Not all the players are locals. Lisa Humiston, a relative newcomer, drives from Fairfield. She knew the game years ago but was out of practice. She said the Napa group is friendly. The first four times you play, they help you figure your points; then you’re on your own. Judith Kay drives from Petaluma because she prefers this club to others she has tried.

The American Cribbage Congress holds national meetings and tournaments all over the country. You can also play cribbage online. Although most of Napa’s players are oldsters, sometimes the kids and grandkids join them. Some clubs work on fostering a love of cribbage with youth. A current “Cribbage World” magazine includes tips on how to get broken-off pegs out of a cribbage board that has fallen to the floor in a classroom setting.

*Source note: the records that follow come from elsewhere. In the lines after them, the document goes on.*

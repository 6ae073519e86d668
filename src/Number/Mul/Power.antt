-- ===== src/Number/Mul/Power.antt =====
-- number.c: the value of number_pow_zu, by squaring.
use Prim.Native.Nat.{bit_and}
use mathlib.Core.Path.{ap₂, subst}
use native.Mathlib.Nat.{pow-suc, div-div-eq-div-mul, div-one}
use calx.Base.{
  ℕ, zero, suc, ◌+◌, ◌-◌, ◌*◌, ◌/◌, ◌%◌, ◌^◌, ◌≤◌, ◌<◌, ◌≡◌, refl, sym, ap, ◌∙◌, inl, inr, Bool,
  true, false, some, arith, length, ltb, ◌==◌, ==_iff, if◌then◌else◌, Bool-cases, lt→ltb,
}
use calx.Base.Bits.{bit_and-pow}
use calx.Number.Add.Defs.{xor}
use calx.Number.Convert.Defs.{size_mod}
use calx.Number.Convert.New.{number_new_from_zu-value}
use calx.Number.Words.{Below}
use calx.Number.Deci.{Deci, base, DeciLaws}
use calx.Number.Defs.{Number, IsValid, mkuniq, allocate, unsafe_normalize_full}
use calx.Number.Fancy.Spans.{SpanOps, SpanLaws}
use calx.Number.Mul.Defs.{top_bit, number_mul, pow_loop, number_pow_zu}
use calx.Number.Mul.Normalize.{Scaled, unsafe_normalize_full-Scaled}
use calx.Number.Mul.Product.{number_mul-Scaled}
use calx.Number.Words.{eval, pow_zero, mul-pow_zero, pow_pos, pow-add}

halving : (e j : ℕ) → e / 2 ^ j ≡ 2 * (e / 2 ^ suc j) + e / 2 ^ j % 2
halving e j =
    let h : e / 2 ^ j / 2 ≡ e / 2 ^ suc j =
      div-div-eq-div-mul e (2 ^ j) 2 ∙ ap (λ (t : ℕ). e / t) (omega (arith, pow-suc 2 j)) in
    omega (arith, h)

bit_test : (e j : ℕ) → (bit_and e (2 ^ j) == 0) ≡ (e / 2 ^ j % 2 == 0)
bit_test e j = elim (Bool-cases (e / 2 ^ j % 2 == 0)) [
  | inl z ↦
      let none : bit_and e (2 ^ j) ≡ 0 =
        bit_and-pow e j ∙ ap (λ (t : ℕ). t * 2 ^ j) ((==_iff _ 0).0 z) ∙ omega arith in
      rw (none, z) refl
  | inr z ↦
      let one : e / 2 ^ j % 2 ≡ 1 = ground arith in
      let more : bit_and e (2 ^ j) ≡ 2 ^ j =
        bit_and-pow e j ∙ ap (λ (t : ℕ). t * 2 ^ j) one ∙ omega arith in
      let positive = pow_pos 2 j (omega arith) in rw (more, z) (ground arith)
]

next_half : (e i : ℕ) → e / 2 ^ suc i / 2 ≡ e / 2 ^ suc (suc i)
next_half e i =
    div-div-eq-div-mul e (2 ^ suc i) 2 ∙ ap (λ (t : ℕ). e / t) (omega (arith, pow-suc 2 (suc i)))

double : (i : ℕ) → 2 ^ i * 2 ≡ 2 ^ suc i
double i = omega (arith, pow-suc 2 i)

top_bit_stop : (fuel tmp h : ℕ) → tmp ≡ 0 → top_bit (suc fuel) tmp h ≡ h
unfolding top_bit
top_bit_stop fuel tmp h z = rw z refl

top_bit_step :
    (fuel tmp h : ℕ)
    → (tmp == 0) ≡ false
    → top_bit (suc fuel) tmp h ≡ top_bit fuel (tmp / 2) (h * 2)
unfolding top_bit
top_bit_step fuel tmp h z = rw z refl

-- the highest power of two that is no more than e
top_bit-power :
    (fuel e i : ℕ)
    → e / 2 ^ suc i < 2 ^ fuel
    → 0 < e / 2 ^ i
    → (j : ℕ) × (top_bit fuel (e / 2 ^ suc i) (2 ^ i) ≡ 2 ^ j) × (e / 2 ^ j ≡ 1) × (j ≤ i + fuel)
top_bit-power zero e i h some_left =
    (i, unfold top_bit in refl, omega (arith, halving e i, pow_zero 2), omega arith)
top_bit-power (suc fuel) e i h some_left = elim (Bool-cases (e / 2 ^ suc i == 0)) [
  | inl z ↦
      let none : e / 2 ^ suc i ≡ 0 = (==_iff _ 0).0 z in
      (i, top_bit_stop fuel (e / 2 ^ suc i) (2 ^ i) none, omega (arith, halving e i), omega arith)
  | inr z ↦
      let more : 0 < e / 2 ^ suc i = ground arith in
      let small : e / 2 ^ suc (suc i) < 2 ^ fuel =
        omega (arith, halving e (suc i), h, pow-suc 2 fuel) in
      let (j, f, one, le) = top_bit-power fuel e (suc i) small more in
      let step = top_bit_step fuel (e / 2 ^ suc i) (2 ^ i) z in
      (j, step ∙ ap₂ (top_bit fuel) (next_half e i) (double i) ∙ f, one, omega arith)
]

-- the sign of a power
unfoldable pub parity : Bool → ℕ → Bool
parity s zero = false
parity s (suc k) = xor s (parity s k)

xor_assoc : (a b c : Bool) → xor (xor a b) c ≡ xor a (xor b c)
xor_assoc true true true = refl
xor_assoc true true false = refl
xor_assoc true false true = refl
xor_assoc true false false = refl
xor_assoc false b c = refl

parity_add : (s : Bool) (k l : ℕ) → xor (parity s k) (parity s l) ≡ parity s (k + l)
unfolding parity
parity_add s zero l = let e : 0 + l ≡ l = omega arith in rw e refl
parity_add s (suc k) l =
    let e : suc k + l ≡ suc (k + l) = omega arith in
    rw e (xor_assoc s (parity s k) (parity s l) ∙ ap (xor s) (parity_add s k l))

xor-false : (s : Bool) → xor s false ≡ s
xor-false true = refl
xor-false false = refl

mkuniq_same :
    (a : Number)
    → ((mkuniq a).words ≡ a.words) × ((mkuniq a).scale ≡ a.scale) × ((mkuniq a).sign ≡ a.sign)
unfolding mkuniq allocate
mkuniq_same a = elim (Bool-cases (a.nrefs == 1)) [
  | inl e ↦ rw e (refl, refl, refl)
  | inr e ↦ rw e (refl, refl, refl)
]

module _ (d : Deci) (laws : DeciLaws d) (x : SpanOps) (span : SpanLaws d x) where
  -- the k-th power of a number that stands for m at the scale s
  pub record IsPower (m s : ℕ) (sign : Bool) (k : ℕ) (r : Number) : Type 0 where
    pub valid : IsValid d r
    pub value : Scaled d r (m ^ k) (k * s)
    pub sign_of : r.sign ≡ parity sign k

  IsPower-mul :
      (same : Bool) (m s : ℕ) (sign : Bool) (k l : ℕ) (a b : Number)
      → (same ≡ true → a ≡ b)
      → IsPower m s sign k a
      → IsPower m s sign l b
      → IsPower m s sign (k + l) (number_mul d x same a b)
  IsPower-mul same m s sign k l a b h p q =
      let (scaled, valid, xors) =
        number_mul-Scaled d laws x span same a b (m ^ k) (m ^ l) (k * s) (l * s)
          (λ e. ap (λ (n : Number). n.words) (h e)) p.valid q.valid p.value q.value in
      let times : (k + l) * s ≡ k * s + l * s = omega arith in
      record {
        valid = valid;
        value = rw (pow-add m k l, times) scaled;
        sign_of = xors ∙ ap₂ xor p.sign_of q.sign_of ∙ parity_add sign k l;
      }

  IsPower-at :
      (m s : ℕ) (sign : Bool) (k l : ℕ) (r : Number)
      → k ≡ l
      → IsPower m s sign k r
      → IsPower m s sign l r
  IsPower-at m s sign k l r e p = subst (λ (t : ℕ). IsPower m s sign t r) e p

  -- one round: the square, times the number itself where the digit of the exponent is set
  pow_round-IsPower :
      (j e m s : ℕ) (sign : Bool) (b r : Number)
      → IsPower m s sign 1 b
      → IsPower m s sign (e / 2 ^ suc j) r
      → IsPower m s sign (e / 2 ^ j) (
          if bit_and e (2 ^ j) == 0
          then number_mul d x true r r
          else number_mul d x false (number_mul d x true r r) b)
  pow_round-IsPower j e m s sign b r pb pr =
      let k = e / 2 ^ suc j in
      let square = IsPower-mul true m s sign k k r r (λ h. refl) pr pr in
      elim (Bool-cases (e / 2 ^ j % 2 == 0)) [
        | inl z ↦
            let even : e / 2 ^ j % 2 ≡ 0 = (==_iff _ 0).0 z in
            rw (bit_test e j, z)
              (IsPower-at m s sign (k + k) (e / 2 ^ j) _ (omega (arith, halving e j)) square)
        | inr z ↦
            let odd : e / 2 ^ j % 2 ≡ 1 = ground arith in
            rw (bit_test e j, z)
              (IsPower-at m s sign (k + k + 1) (e / 2 ^ j) _ (omega (arith, halving e j))
                (IsPower-mul false m s sign (k + k) 1 _ b (λ h. ground arith) square pb))
      ]

  pow_loop_step :
      (j fuel e : ℕ) (b r : Number)
      → pow_loop d x (suc fuel) (2 ^ suc j) e b r
        ≡ pow_loop d x fuel (2 ^ j) e b (
            if bit_and e (2 ^ j) == 0
            then number_mul d x true r r
            else number_mul d x false (number_mul d x true r r) b)
  unfolding pow_loop
  pow_loop_step j fuel e b r =
      let big : ltb 1 (2 ^ suc j) ≡ true =
        lt→ltb _ _ (omega (arith, pow-suc 2 j, pow_pos 2 j (omega arith))) in
      let half : 2 ^ suc j / 2 ≡ 2 ^ j = omega (arith, pow-suc 2 j) in rw (big, half) refl

  pow_loop-IsPower :
      (j fuel e m s : ℕ) (sign : Bool) (b r : Number)
      → j ≤ fuel
      → IsPower m s sign 1 b
      → IsPower m s sign (e / 2 ^ j) r
      → IsPower m s sign e (pow_loop d x fuel (2 ^ j) e b r)
  pow_loop-IsPower zero zero e m s sign b r le pb pr =
      unfold pow_loop in IsPower-at m s sign _ e r (div-one e) pr
  pow_loop-IsPower zero (suc fuel) e m s sign b r le pb pr =
      unfold pow_loop in IsPower-at m s sign _ e r (div-one e) pr
  pow_loop-IsPower (suc j) zero e m s sign b r le pb pr = absurd (omega arith)
  pow_loop-IsPower (suc j) (suc fuel) e m s sign b r le pb pr = rw (pow_loop_step j fuel e b r) (
      pow_loop-IsPower j fuel e m s sign b _ (omega arith) pb
        (pow_round-IsPower j e m s sign b r pb pr))

  -- the copy that the loop starts from
  own_copy :
      (b : Number)
      → IsValid d b
      → IsPower (eval (base d) b.words) b.scale b.sign 1 (unsafe_normalize_full d (mkuniq b))
  own_copy b v =
      let (words, scale, sign) = mkuniq_same b in
      let fits : (mkuniq b).scale ≤ length (mkuniq b).words = rw (words, scale) v.scale_fits in
      let below : Below (base d) (mkuniq b).words = rw words v.below in
      let z : b.scale - b.scale ≡ 0 = omega arith in
      let m = eval (base d) b.words in
      let (scaled, valid, same) =
        unsafe_normalize_full-Scaled d laws x span (mkuniq b) fits below m b.scale
          (omega (arith, scale)) (rw (words, scale, z) (mul-pow_zero (base d) m)) in
      let first : m ^ 1 ≡ m = pow-suc m 0 ∙ ap (λ (t : ℕ). t * m) (pow_zero m) ∙ omega arith in
      let once : 1 * b.scale ≡ b.scale = omega arith in
      record {
        valid = valid;
        value = rw (first, once) scaled;
        sign_of = same ∙ sign ∙ unfold parity in sym (xor-false b.sign);
      }

  -- For every exponent of a size_t, number_pow_zu returns the power of a valid number: its words
  -- stand for the power of the words at that many times the scale.
  pub number_pow_zu-IsPower :
      (b : Number) (e : ℕ)
      → IsValid d b
      → e < size_mod
      → (r : Number) × (number_pow_zu d x b e ≡ some r)
        × IsPower (eval (base d) b.words) b.scale b.sign e r
  unfolding number_pow_zu
  number_pow_zu-IsPower b e v lt = elim (Bool-cases (e == 0)) [
    | inl z ↦
        let none : 0 ≡ e = sym ((==_iff _ 0).0 z) in
        let (r, made, valid, sign, scale, value) =
          number_new_from_zu-value d laws 1 (omega arith) in
        let m = eval (base d) b.words in
        let level : 0 * b.scale - 0 ≡ 0 = omega arith in
        (
          r,
          rw z made,
          IsPower-at m b.scale b.sign 0 e r none (record {
            valid = valid;
            value = record {
              scale_fits = omega (arith, scale);
              value = rw (scale, value, pow_zero m, level) (omega (arith, pow_zero (base d)));
            };
            sign_of = sign ∙ unfold parity in refl;
          }),
        )
    | inr z ↦
        let some_left : 0 < e / 2 ^ 0 = ground (arith, div-one e) in
        let small : e / 2 ^ 1 < 2 ^ 64 = omega arith in
        let (j, top, one, le) = top_bit-power 64 e 0 small some_left in
        let c = unsafe_normalize_full d (mkuniq b) in
        let p = own_copy b v in
        (
          pow_loop d x 64 (2 ^ j) e c c,
          rw (z, top) refl,
          pow_loop-IsPower j 64 e (eval (base d) b.words) b.scale b.sign c c (omega (arith, le)) p
              (IsPower-at (eval (base d) b.words) b.scale b.sign 1 (e / 2 ^ j) c (sym one) p),
        )
  ]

So what about those muggins, skunks and spilikins? The Napa players don’t play muggins, an optional rule also called cutthroat, which enables a player to steal someone else’s points. Players can skunk their opponents by getting to the magic 121 points fast. “Spilikin,” not used in Napa, is an alternate term for the pegs that are moved around the cribbage board to keep track of points.

A tournament hosted by the Peggers on a recent Saturday attracted more than 60 competitors and took most of the day.

“Cribbage tournaments are not for those with a short attention span,” Michael Wycombe says.